(Collection entries)
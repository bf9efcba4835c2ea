-- ===== src/Lib.antt =====
-- A model of acva, a voice assistant: audio comes in, an endpointer finds utterances, a dialogue machine
-- runs turns, a language model streams text that is split into sentences and spoken, and the user may
-- barge in at any time. The parts talk through an event bus; a supervisor watches the services.
--
-- Which file models which part (paths from the repository's root):
--   Audio/Endpointer          src/audio/endpointer.cpp: on_frame, force_endpoint, reset
--   Audio/SpscRing            src/audio/spsc_ring.hpp: push, pop, size, empty; in Concurrent the atomic
--                             steps of the two threads
--   Audio/UtteranceBuffer     src/audio/utterance.cpp
--   Audio/HalfDuplexGate      src/audio/half_duplex_gate.hpp, and the observer of
--                             src/orchestrator/capture_stack.cpp that drives it from the dialogue machine
--   Audio/Wav                 src/audio/wav.cpp: make_wav, and read_wav_file on the bytes of a file
--   Event/Types               src/event/event.hpp and event.cpp
--   Event/BoundedQueue        src/event/queue.hpp
--   Event/Bus                 src/event/bus.cpp: subscriptions, their workers, publish_event, shutdown
--   Dialogue/Turn             src/dialogue/turn.cpp: turns and their shared cancellation tokens
--   Dialogue/Fsm              src/dialogue/fsm.cpp: one function per handler
--   Dialogue/BargeIn          src/dialogue/barge_in.cpp
--   Dialogue/SentenceSplitter src/dialogue/sentence_splitter.cpp
--   Dialogue/Manager          src/dialogue/manager.cpp: filters, pending slot, run_one with its sentence cap;
--                             Memory joins it to the turn writer
--   Dialogue/TtsBridge        src/dialogue/tts_bridge.cpp: handlers, and run_one over the service's callbacks,
--                             with the steps of other threads wherever it holds no lock
--   Dialogue/TurnWriter       src/dialogue/turn_writer.cpp: what is remembered of a turn
--   Llm/SseParser             src/llm/sse_parser.cpp
--   Llm/Client                src/llm/client.cpp: submit, with libcurl and the JSON reader as parameters
--   Playback/Queue            src/playback/queue.cpp
--   Playback/Engine           src/playback/engine.cpp: render_into
--   Stt/Base64, Stt/Envelope  src/stt/realtime_envelope.cpp: base64, and the reassembly of fragments
--   Supervisor/Service        src/supervisor/service.cpp
--   Supervisor/Pipeline       src/supervisor/supervisor.cpp: evaluate_pipeline
-- Prelude holds the shared names, tests, list and number lemmas; Float is the interface of floating
-- point numbers, with NaN, that the thresholds need.
--
-- State is a record, an operation a function from state to state with the source's name, a call under a
-- mutex one such function. A call that may wait returns a value that says so, and a loop over other
-- threads' work takes a schedule. Events that a part publishes and callbacks that it makes are logged in
-- its state, the newest first. Where two threads share memory without a lock (the ring), a step relation
-- interleaves their atomic loads and stores. Machine integers wrap: u32 and u64 are written out where the
-- source counts; times and durations are natural numbers, which is what the clock gives in a run.
--
-- Fuel: the loop of `feed` in Llm/SseParser takes two bytes in each round, so that the length of the
-- buffer and one more is enough; the loop of `render_into` in Playback/Engine takes a chunk off the
-- queue in each round but the first and the last. The walk of Audio/Wav over the chunks of a file has as many rounds as
-- the file has bytes, which is enough where no step is 0; a step of 0 is a loop that never ends. Other
-- loops recur on their data.
--
-- Not modelled: devices and signal processing (PortAudio, the APM, resampling, voice activity), the HTTP
-- clients, SQLite, YAML, metrics, logs, the wiring in src/orchestrator, the
-- memory.
pub mod Prelude
pub mod Float
pub mod Audio
pub mod Event
pub mod Dialogue
pub mod Llm
pub mod Playback
pub mod Stt
pub mod Supervisor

• _Task requirements_
Set out exactly the lines from the one bearing "-- clients, SQLite, YAML, metrics, logs, the" through the end of the data, including both ends and omitting all others.

• _Finished task_
-- clients, SQLite, YAML, metrics, logs, the wiring in src/orchestrator, the
-- memory.
pub mod Prelude
pub mod Float
pub mod Audio
pub mod Event
pub mod Dialogue
pub mod Llm
pub mod Playback
pub mod Stt
pub mod Supervisor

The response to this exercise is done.